John Hood’s column in Carolina Journal today offers a dispassionate analysis of the transit situation in the Triangle, now that the Durham-Orange light rail scheme has collapsed under its own weight. First, read the whole thing. For my purpose here, I want to focus on this snippet:

… there is no evidence of mass abandonment of lifestyles built on decentralization, dispersal, and automobility. North Carolina policymakers shouldn’t pretend otherwise, or try to engineer a different outcome by expending billions of dollars and issuing thousands of regulations to cram North Carolinians into boxes, literal and figurative, that don’t reflect their revealed preferences. …

North Carolina’s communities are polycentric. They don’t look like spokes around a hub. We’ll see plenty of mixed-use developments crop up — to serve the needs of people who want to live, work, shop, play, and go to school without having to travel long distances — but those places will be dispersed as well, not clumped into central business districts. And we’ll continue to see rural places become suburban ones.

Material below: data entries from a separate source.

-- ===== src/Config/WsValues/Target.antt =====
-- src/config.c: what `parse_ws_target` accepts.
use wireguard_tools.Config.Numbers.{is_empty}
use wireguard_tools.Config.Outcome.{done, fail}
use wireguard_tools.Config.WsValues.{parse_ws_target}
use wireguard_tools.Libc.Text.{split_last, split_last-LastAt, LastAt, split_last-append, contains}
use wireguard_tools.Prelude.{
  ℕ, ◌≤◌, ◌≡◌, ◌↔◌, refl, arith, true, false, not, ◌&&◌, ◌||◌, Option, none, some, [], ◌∷◌, ◌++◌,
  if◌then◌else◌, leb, Bytes, All, all, and-true,
}

abbrev pub IsDecimal : Bytes → Type 0
IsDecimal = All (λ c. (b'0' ≤ c) × (c ≤ b'9'))

-- A host that is not empty, a colon, and at least one decimal digit.
pub record IsTarget (value : Bytes) : Type 0 where
  pub host : Bytes
  pub port : Bytes
  pub spelled : value ≡ host ++ (b':' ∷ port)
  pub host_nonempty : is_empty host ≡ false
  pub port_nonempty : is_empty port ≡ false
  pub port_decimal : IsDecimal port

digit_range : (c : ℕ) → (leb b'0' c && leb c b'9') ≡ true → (b'0' ≤ c) × (c ≤ b'9')
digit_range c e = ground arith

IsDecimal-iff : (s : Bytes) → (all (λ c. leb b'0' c && leb c b'9') s ≡ true) ↔ IsDecimal s
IsDecimal-iff [] = (λ e. tt, λ h. refl)
IsDecimal-iff (c ∷ s) = (
  λ e. let (digit, rest) = and-true _ _ e in (digit_range c digit, (IsDecimal-iff s).0 rest),
  λ h. let rest = (IsDecimal-iff s).1 h.1 in rw rest (ground arith),
)

decimal_plain : (s : Bytes) → IsDecimal s → contains b':' s ≡ false
unfolding contains
decimal_plain [] h = refl
decimal_plain (c ∷ s) h = ground (arith, decimal_plain s h.1)

target_accepted : (value : Bytes) → IsTarget value → parse_ws_target value ≡ done value
unfolding parse_ws_target
target_accepted value t =
    let found : split_last b':' value ≡ some (t.host, t.port) =
      rw t.spelled (split_last-append b':' t.host t.port (decimal_plain t.port t.port_decimal)) in
    rw
      (
        found,
        parse_ws_target,
        t.host_nonempty,
        t.port_nonempty,
        (IsDecimal-iff t.port).1 t.port_decimal,
      )
      refl

-- `parse_ws_target` accepts exactly the texts of the form host:port with a decimal port, and keeps
-- them as they are.
pub parse_ws_target_iff : (value : Bytes) → (parse_ws_target value ≡ done value) ↔ IsTarget value
unfolding parse_ws_target
parse_ws_target_iff value = (
  λ e. forth (split_last b':' value) (split_last-LastAt b':' value) e,
  λ t. target_accepted value t,
)
  where
    forth :
        (o : Option (Bytes × Bytes))
        → LastAt b':' value o
        → (elim o [
          | none ↦ fail
          | some (host, port) ↦
              if is_empty host || (is_empty port || not (all (λ c. leb b'0' c && leb c b'9') port))
              then fail
              else done value
        ])
          ≡ done value
        → IsTarget value
    forth none f e = cc
    forth (some (h, p)) f e = record {
      host = h;
      port = p;
      spelled = f.0;
      host_nonempty = ground arith;
      port_nonempty = ground arith;
      port_decimal = (IsDecimal-iff p).0 (ground arith);
    }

Automobility will remain the default commuting preference. But to the extent North Carolinians voluntarily give up driving, the options best suited to their needs will include buses, vans, ridesharing, and telecommuting. Railroads aren’t the future. They’re the past.

Even transit experts who generally favor rail transit have been warning that the Triangle is too dispersed for rail transit (massively expensive, highly limited, inflexible fixed-route systems). We have urged for years for planners to avoid the temptation to “use transportation policy to shape their communities to conform to their visions, rather than fit their transportation policy to meet travelers’ needs.”

Plus, in the years since the rail transit idea became a serious fixation of planners and media, ride-sharing services like Uber and Lyft (inexpensive, up-to-the-minute, highly flexible, go-anywhere options) brought about transportation options and choices not previously imagined. Charlotte, which did take the plunge on a light-rail system, has seen Uber and Lyft take riders away from its perennially underused system (and from buses, too).

Here are links to recent writings on the matter that help distinguish between revealed preference vs. planner preference in transit:

P.S. Then you get planners such as in the City of Raleigh who witness a market choice in personal transit that isn’t cars (hooray, it’s so green and good!), but it also isn’t city planners’ pick for what people ought to choose over cars (e-scooters, ew!), so they drum that out, too.